CLASS2 – accurate and efficient splice variant annotation from RNA-Seq reads

Next generation sequencing of cellular RNA is making it possible to characterize genes and alternative splicing in unprecedented detail. However, designing bioinformatics tools to accurately capture splicing variation has proven difficult. Current programs can find major isoforms of a gene but miss lower abundance variants, or are sensitive but imprecise.

CLASS2 is a novel open source tool for accurate genome-guided transcriptome assembly from RNA-seq reads based on the model of splice graph. An extension of our program CLASS, CLASS2 jointly optimizes read patterns and the number of supporting reads to score and prioritize transcripts, implemented in a novel, scalable and efficient dynamic programming algorithm. When compared against reference programs, CLASS2 had the best overall accuracy and could detect up to twice as many splicing events with precision similar to the best reference program. Notably, it was the only tool to produce consistently reliable transcript models for a wide range of applications and sequencing strategies, including ribosomal RNA-depleted samples. Lightweight and multi-threaded, CLASS2 requires <3GB RAM and can analyze a 350 million read set within hours, and can be widely applied to transcriptomics studies ranging from clinical RNA sequencing, to alternative splicing analyses, and to the annotation of new genomes.

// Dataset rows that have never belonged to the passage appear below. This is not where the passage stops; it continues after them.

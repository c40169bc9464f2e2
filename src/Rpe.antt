-- ===== src/Rpe.antt =====
-- rpe.py: the evaluators of the external policy engine (RPE) and the normalisation of its answers.
pub mod Laws
use responsibility_pathway_r.Prelude.{
  String, Bool, true, false, ◌||◌, Option, none, some, List, [], ◌∷◌, ◌==◌, is_empty, if◌then◌else◌,
}
use responsibility_pathway_r.Errors.{
  Error, Result, ok, err, rpe_contract_error, other_error, class_name, ensure, ◌>>=◌, ◌>>◌,
}
use responsibility_pathway_r.Value.{
  Value, Items, Fields, Key, null, str, list, dict, object, nil, cons, end, field, get, truthy,
  key_text,
}
use responsibility_pathway_r.Models.{RuntimeDecision, allow, hold, runtime_decision_of}

pub record RpeResult : Type 0 where
  pub decision : RuntimeDecision
  pub reason_codes : List String
  pub raw : Option Fields
  pub contract_version : Option String

-- What an engine answers: an object with `to_dict`, an object with attributes, or another value.
pub data RpeAnswer : Type 0 where
  with_to_dict : Value → RpeAnswer
  with_attributes : Fields → RpeAnswer
  plain : Value → RpeAnswer

-- `value.get(key)`, which is None where the key is missing
abbrev pub get_or_null : String → Fields → Value
get_or_null k fs = elim (get k fs) [ none ↦ null | some v ↦ v ]

-- `a or b`
abbrev pub or_else : Value → Value → Value
or_else a b = if truthy a then a else b

unfoldable pub answer_value : RpeAnswer → Value
answer_value (with_to_dict v) = v
answer_value (with_attributes fs) = dict fs
answer_value (plain v) = v

as_mapping : Value → Result Fields
as_mapping (dict fs) = ok fs
as_mapping _ = err (rpe_contract_error "RPE result must be a mapping")

nested_decision : Value → Value
nested_decision (dict fs) = or_else (get_or_null "decision" fs) (get_or_null "outcome" fs)
nested_decision v = v

-- The decision that an answer states, directly or in a nested object.
unfoldable pub decision_value : Fields → Value
unfolding nested_decision get truthy
decision_value fs = nested_decision (or_else (get_or_null "decision" fs) (get_or_null "outcome" fs))

-- `decision_value not in SUPPORTED_DECISION_VALUES` and the conversion: a list or a dict has no hash.
unfoldable pub supported_decision : (Value → String) → Value → Result RuntimeDecision
supported_decision text (str s) = elim (runtime_decision_of s) [
  | ok d ↦ ok d
  | err _ ↦ err (rpe_contract_error "unsupported RPE decision")
]
supported_decision text (list _) = err (other_error "TypeError")
supported_decision text (dict _) = err (other_error "TypeError")
supported_decision text _ = err (rpe_contract_error "unsupported RPE decision")

unfoldable pub version_value : Fields → Value
unfolding get truthy
version_value fs = or_else (get_or_null "contract_version" fs) (get_or_null "schema_version" fs)

abbrev pub is_str : String → Value → Bool
is_str s (str t) = t == s
is_str s _ = false

-- `if expected_contract_version and contract_version != expected_contract_version: raise`
unfoldable pub check_version : Option String → Value → Result (Unit {0})
check_version none v = ok tt
check_version (some expected) v =
    ensure (is_empty expected || is_str expected v)
      (rpe_contract_error "RPE contract version mismatch")

module _ (text : Value → String) where
  item_texts : Items → List String
  item_texts nil = []
  item_texts (cons v vs) = text v ∷ item_texts vs

  key_texts : Fields → List String
  key_texts end = []
  key_texts (field k v fs) = key_text k ∷ key_texts fs

  -- `tuple(str(item) for item in reasons)`, for `value.get(…) or … or ()`
  reason_texts : Value → Result (List String)
  unfolding item_texts key_texts
  reason_texts (str s) = ok (s ∷ [])
  reason_texts (list vs) = ok (item_texts vs)
  reason_texts (dict fs) = ok (key_texts fs)
  reason_texts _ = err (other_error "TypeError")

  opt_text : Value → Option String
  opt_text null = none
  opt_text v = some (text v)

  -- `_normalize_result`, for a mapping
  unfoldable pub normalize_mapping : Option String → Fields → Result RpeResult
  unfolding reason_texts opt_text
  normalize_mapping expected fs = do
    decision ← supported_decision text (decision_value fs)
    check_version expected (version_value fs)
    reasons ←
        reason_texts
          (or_else (get_or_null "reason_codes" fs) (or_else (get_or_null "reasons" fs) (list nil)))
    ok (record {
      decision = decision;
      reason_codes = reasons;
      raw = some fs;
      contract_version = opt_text (version_value fs);
    })

  unfoldable pub normalize_result : Option String → RpeAnswer → Result RpeResult
  unfolding as_mapping answer_value
  normalize_result expected answer = do
    fs ← as_mapping (answer_value answer)
    normalize_mapping expected fs

-- AllowAllDevelopmentEvaluator
unfoldable pub allow_all : RpeResult
allow_all = record {
  decision = allow;
  reason_codes = "development_evaluator" ∷ [];
  raw = none;
  contract_version = none;
}

-- UnavailableRpeEvaluator
unfoldable pub unavailable : RpeResult
unavailable = record {
  decision = hold;
  reason_codes = "rpe_unavailable" ∷ [];
  raw = none;
  contract_version = none;
}

abbrev pub held_for : String → Error → RpeResult
held_for code e = record {
  decision = hold;
  reason_codes = code ∷ class_name e ∷ [];
  raw = none;
  contract_version = none;
}

-- `except RpeContractError: raise` and `except Exception`
unfoldable pub fail_closed : Result RpeResult → Result RpeResult
unfolding class_name
fail_closed (ok r) = ok r
fail_closed (err (rpe_contract_error m)) = err (rpe_contract_error m)
fail_closed (err e) = ok (held_for "rpe_python_error" e)

-- PythonRpeEvaluator.evaluate: the engine and the callable that gives the packs are arguments; the
-- packs are asked for before the `try`.
unfoldable pub python_evaluate :
    (Value → String)
    → Result (List Value)
    → (Value → List Value → Result RpeAnswer)
    → Option String
    → Value
    → Result RpeResult
unfolding fail_closed
python_evaluate text packs evaluate_action expected action_request = do
  ps ← packs
  fail_closed (evaluate_action action_request ps >>= normalize_result text expected)

-- The exceptions that RestRpeEvaluator turns into a hold.
abbrev pub is_rest_failure : Error → Bool
is_rest_failure (other_error name) =
    name == "URLError"
    || name == "TimeoutError"
    || name == "JSONDecodeError"
    || name == "UnicodeDecodeError"
is_rest_failure _ = false

unfoldable pub rest_fallback : Result RpeResult → Result RpeResult
unfolding class_name
rest_fallback (ok r) = ok r
rest_fallback (err e) = if is_rest_failure e then ok (held_for "rpe_rest_unavailable" e) else err e

-- RestRpeEvaluator.evaluate: `post` sends the request and decodes the body of the response.
unfoldable pub rest_evaluate :
    (Value → String) → (Value → Result Value) → Option String → Value → Result RpeResult
unfolding rest_fallback
rest_evaluate text post expected action_request =
    rest_fallback (post action_request >>= λ raw. normalize_result text expected (plain raw))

The CLASS2 transcript assembly algorithm

rna-seqStep 1 (A) Exon and introns. Infer exons from the read coverage levels, using linear programming, and introns from spliced alignments. Step 2 (B) Splice graph. Build a splice graph to represent the gene, connecting exons by introns. Shown is a section from a splice graph, with a skipped exon event and a 2-intron retention event, encoding two possible paths (transcripts). Step 3 (C) Constraints. Cluster reads into classes (constraints) by their splicing and interval patterns. Step 4 (D) Transcript selection. Build and solve the bipartite constraint graph and associated transcript selection problem, shown here for four read pairs c1, c2, c3 and c4, and three transcripts t1, t2 and t3.

  1. CLASS2 offers the best tradeoff between sensitivity and precision in reconstructing full transcripts. In its default setting, CLASS2 detects 10–70% more transcripts than Cufflinks, which is the most popular and most precise of these programs, with higher or comparable precision. In its sensitive settings, CLASS2 detects up to twice as many transcripts as Cufflinks for a relatively small drop in precision.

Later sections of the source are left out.